Forkcasting
As clear as a puddle of mud

An incomplete list of software development metrics

It's a list!

There have been a couple of posts on Statistical Process Control (SPC) recently. The most common objections are that you can't measure software development, that software development is too intrinsically variable for these techniques to be worthwhile, or the measures have no effect on outcomes that matter (e.g., Free cash flow (FCF), return on invested capital (RoIC), etc.).
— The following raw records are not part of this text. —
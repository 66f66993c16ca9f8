-- ===== src/Validation.antt =====
-- server/src/services/validation: the required-information rules, the engine that evaluates them
-- over an entry and the check of the rule registry at startup.
pub mod Entry
pub mod Calendar
pub mod Normalise
pub mod Domain
pub mod Rule
pub mod Rules
pub mod Engine
pub mod SelfCheck
pub mod Totality
pub mod Assessment
mod Tests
Here's an incomplete list of measurements that might apply to software systems and their associated development processes:

  • Team size
  • Team aggregate years of experience
  • Average years of experience
  • Count services owned by the team
  • Time since last deployment to a service
  • Time since last commit to a service
  • Count of tickets in the backlog
  • Count incomplete estimated tickets
  • Count of unestimated tickets
  • Age of oldest ticket in backlog
  • Age of oldest ticket in $Stage (in-progress, review, to deploy)
  • Count of tickets in $Stage
  • Test non-commentary source statements (NCSS) total
  • Test NCSS added per PR
  • Non-test NCSS total
  • Non-test NCSS added per PR
  • Test cyclomatic complexity
  • Non-test cyclomatic complexity
  • PR age
  • Time between PR ready for review and PR merge
  • PR comment count
  • PR count
  • Time between PR merge and deploy
  • Build duration
  • Deployment duration
  • Count of commits deployed per deployment
  • PRs per story
  • Story cycle time
  • Story cycle time broken down by story point estimate
  • Story lead time
  • Story ticket word count
  • Story comment count
  • Stories complete per week
  • Story points complete per week (if tracking story points)
  • Scrum meeting dev-time (grooming, planning, review, daily stand-up, etc.)
  • non-Scrum meetings dev-time
  • Non-Scrum meeting count
  • Tickets completed without estimate (if estimating)
  • Tickets completed with estimate (if estimating)
  • Dev-time spent per ticket estimate (if estimating)
  • Within-team estimate noise (if using unambiguous estimates and getting multiple estimates for each ticket)
  • Estimate mean squared error (if using unambiguous estimates, e.g. ticket duration, calendar date.)
  • Estimate/Actual ratio (if using unambiguous estimates)
  • Tickets in progress per developer (not done or in backlog)
  • Count of tickets "resurrected" from "done"
  • Count of tests failed
  • Time to repair failed test
  • Test duration
  • Deployment count
  • Deployment automatically rolled-back count
  • Deployment manually rolled-back count
  • Statement coverage
  • Branch coverage
  • t-way coverage
  • Mutation coverage
  • Tests per API method
  • Count of ticket $Type (bug, task, story, ...) in each $Stage (incl. backlog)
  • Tickets priority counts (if tracking priority)
  • Paging alert count
  • Non-paging alert count
  • Paging alert response time
  • Non-paging alert response time
  • Time to resolve a page alert
  • Time to resolve a non-paging alert

There's also the usual system monitoring suspects: cloud provider costs, error count, request counts, latency percentiles, disk IOPS, count inodes used, days to TLS expiry, dependency request count, dependency error count, dependency latency, retry count, etc.

There's also the DORA metrics, which I think I've somewhat duplicated above.

I think that this list conclusively disproves the claim that we can't measure software development.

I'd also argue that this weakens the claim that we can't measure things that affect the outputs we care about. There's a lot of possible metrics here. It would be surprising if none affect FCF, RoIC, etc.

I don't think this list helps much with the claim that software development is too intrinsically variable for SPC to apply. I think you need to try it out in your context to know if that's true for you. If it is true, the next question is: are you sure it's intrinsically high-variance? What did you try to change the process' variance?

Some of the metrics are hard to measure, and some may need operational definitions. For example, what exactly is an "API method", does it matter if it is publicly accessible?

There's one final objection that this doesn't cover: The quality of the software process is irrelevant compared to the product and positioning. I don't believe this; I think they're different skills. A team with fast, reliable execution and a good sense for the market will probably to outperform a team who only has a good sense for the market. There's also the lifetime of the software after you've launched it (bug fixes, improvements, etc.) to consider. A team that can deliver faster and more reliably probably delivers better RoIC.

Thank you to both kqr for the original inspiration, and Cedric Chin for helping me reflect on how I've seen others measure software development.